-- EXERCISE OBJECTIVE --
When a line below holds the string "messages", show that line.

[Saved entries]

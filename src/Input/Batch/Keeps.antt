-- ===== src/Input/Batch/Keeps.antt =====
-- What the batching loop of `passthrough_next_message` in src/input.cpp may take out of the queue.
use midnight_sun.Prelude.{
  Bool, true, false, not, ◌≡◌, ◌⊎◌, inl, inr, refl, arith, Bool-cases, ap, List, [], ◌∷◌, keep_if,
  length, ◌+◌, ◌<◌, some,
}
use midnight_sun.Input.Packet.{
  Limelight, Packet, rel_mouse_move, abs_mouse_move, mouse_button, scroll, hscroll, keyboard,
  utf8_text, multi_controller, touch, pen, controller_arrival, controller_touch, controller_motion,
  controller_battery, unknown,
}
use midnight_sun.Input.Batch.{
  BatchResult, map_result, batched, not_batchable, terminate_batch, batch, batch_queue,
  move_or_hover, next_message,
}

-- The three answers of `batch`, with their equations.
BatchResult-cases :
    {A : Type 0} (r : BatchResult A)
    → ((a : A) × (r ≡ batched a)) ⊎ ((r ≡ not_batchable) ⊎ (r ≡ terminate_batch))
BatchResult-cases (batched a) = inl (a, refl)
BatchResult-cases not_batchable = inr (inl refl)
BatchResult-cases terminate_batch = inr (inr refl)

pub map_result-batched :
    {A B : Type 0} (f : A → B) (r : BatchResult A) (b : B)
    → map_result f r ≡ batched b
    → (a : A) × (r ≡ batched a) × (b ≡ f a)
map_result-batched f (batched a) b e = (a, refl, cc)
map_result-batched f not_batchable b e = absurd (cc)
map_result-batched f terminate_batch b e = absurd (cc)

-- `queue` is `kept` and `taken`, interleaved, each in its order.
pub data Interleaves : List Packet → List Packet → List Packet → Type 0 where
  done : Interleaves [] [] []
  keep : {q k t : List Packet} (p : Packet) → Interleaves q k t → Interleaves (p ∷ q) (p ∷ k) t
  take : {q k t : List Packet} (p : Packet) → Interleaves q k t → Interleaves (p ∷ q) k (p ∷ t)

pub kept_all : (queue : List Packet) → Interleaves queue queue []
kept_all [] = done
kept_all (p ∷ queue) = keep p (kept_all queue)

-- Every message that was taken satisfies `P`.
abbrev pub AllTaken : (Packet → Type 0) → List Packet → Type 0
AllTaken P [] = Unit
AllTaken P (p ∷ ps) = P p × AllTaken P ps

-- `sent` is what `p` becomes when the messages taken are merged into it in turn.
pub data Folds (li : Limelight) : Packet → List Packet → Packet → Type 0 where
  none_taken : {p : Packet} → Folds li p [] p
  one_more :
      {p q merged sent : Packet} {qs : List Packet}
      → batch li p q ≡ batched merged
      → Folds li merged qs sent
      → Folds li p (q ∷ qs) sent

module _ (li : Limelight) where
  -- The queue splits into messages that stay and messages that are taken, each in their order, and the
  -- message sent is the first one with all those taken merged into it, in that order.
  pub batch_queue-Folds :
      (p : Packet) (queue : List Packet)
      → let (sent, kept) = batch_queue li p queue in
        (taken : List Packet) × Interleaves queue kept taken × Folds li p taken sent
  unfolding batch_queue
  batch_queue-Folds p [] = ([], done, none_taken)
  batch_queue-Folds p (q ∷ queue) = elim (BatchResult-cases (batch li p q)) [
    | inl (merged, e) ↦
        let (taken, split, folds) = batch_queue-Folds merged queue in
        rw (e, batch_queue) (q ∷ taken, take q split, one_more e folds)
    | inr (inl e) ↦
        let (taken, split, folds) = batch_queue-Folds p queue in
        rw (e, batch_queue) (taken, keep q split, folds)
    | inr (inr e) ↦ rw (e, batch_queue) ([], kept_all (q ∷ queue), none_taken)
  ]

  -- The messages that change a state for good: buttons, keys, text, arrivals, battery reports, and every
  -- touch or pen event but a move or a hover.
  abbrev pub is_event : Packet → Bool
  is_event (mouse_button b) = true
  is_event (keyboard k) = true
  is_event (utf8_text t) = true
  is_event (controller_arrival a) = true
  is_event (controller_battery b) = true
  is_event (unknown m) = true
  is_event (touch t) = not (move_or_hover li t.event_type)
  is_event (pen t) = not (move_or_hover li t.event_type)
  is_event (controller_touch t) = not (move_or_hover li t.event_type)
  is_event _ = false

  batch-not-event : (p q merged : Packet) → batch li p q ≡ batched merged → is_event q ≡ false
  unfolding batch
  batch-not-event (touch d) (touch s) m e = ground arith
  batch-not-event (pen d) (pen s) m e = ground arith
  batch-not-event (controller_touch d) (controller_touch s) m e = ground arith
  batch-not-event (rel_mouse_move d) (rel_mouse_move s) m e = refl
  batch-not-event (abs_mouse_move d) (abs_mouse_move s) m e = refl
  batch-not-event (scroll d) (scroll s) m e = refl
  batch-not-event (hscroll d) (hscroll s) m e = refl
  batch-not-event (multi_controller d) (multi_controller s) m e = refl
  batch-not-event (controller_motion d) (controller_motion s) m e = refl
  batch-not-event _ _ m e = absurd (cc)

  Folds-not-event :
      {p sent : Packet} {qs : List Packet}
      → Folds li p qs sent
      → AllTaken (λ q. is_event q ≡ false) qs
  Folds-not-event none_taken = tt
  Folds-not-event (one_more {p} {q} {merged} e f) =
      (batch-not-event p q merged e, Folds-not-event f)

  keep_if-Interleaves :
      {queue kept taken : List Packet}
      → Interleaves queue kept taken
      → AllTaken (λ q. is_event q ≡ false) taken
      → keep_if is_event kept ≡ keep_if is_event queue
  keep_if-Interleaves done a = refl
  keep_if-Interleaves (keep {q} {k} p i) a = elim (Bool-cases (is_event p)) [
    | inl e ↦ rw (e, keep_if) (ap (◌∷◌ p) (keep_if-Interleaves i a))
    | inr e ↦ rw (e, keep_if) (keep_if-Interleaves i a)
  ]
  keep_if-Interleaves (take p i) a = rw (a.0, keep_if) (keep_if-Interleaves i a.1)

  -- No event is lost, repeated or moved past another one: the events that stay in the queue are those
  -- that were in it, in the same order.
  pub batch_queue-events :
      (p : Packet) (queue : List Packet)
      → keep_if is_event (batch_queue li p queue).1 ≡ keep_if is_event queue
  batch_queue-events p queue =
      let (taken, split, folds) = batch_queue-Folds p queue in
      keep_if-Interleaves split (Folds-not-event folds)

  length-Interleaves :
      {queue kept taken : List Packet}
      → Interleaves queue kept taken
      → length kept + length taken ≡ length queue
  length-Interleaves done = refl
  length-Interleaves (keep p i) = omega (arith, length-Interleaves i)
  length-Interleaves (take p i) = omega (arith, length-Interleaves i)

  -- Each call that sends a message leaves a shorter queue.
  pub next_message-shorter :
      (queue kept : List Packet) (sent : Packet)
      → next_message li queue ≡ some (sent, kept)
      → length kept < length queue
  unfolding next_message
  next_message-shorter [] kept sent e = absurd (cc)
  next_message-shorter (p ∷ queue) kept sent e =
      let (taken, split, folds) = batch_queue-Folds p queue in
      let same : (batch_queue li p queue).1 ≡ kept = ground arith in
      omega (arith, length-Interleaves split, ap length same)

-- OUTPUT --
-- `sent` is what `p` becomes when the messages taken are merged into it in turn.
  -- The queue splits into messages that stay and messages that are taken, each in their order, and the
  -- The messages that change a state for good: buttons, keys, text, arrivals, battery reports, and every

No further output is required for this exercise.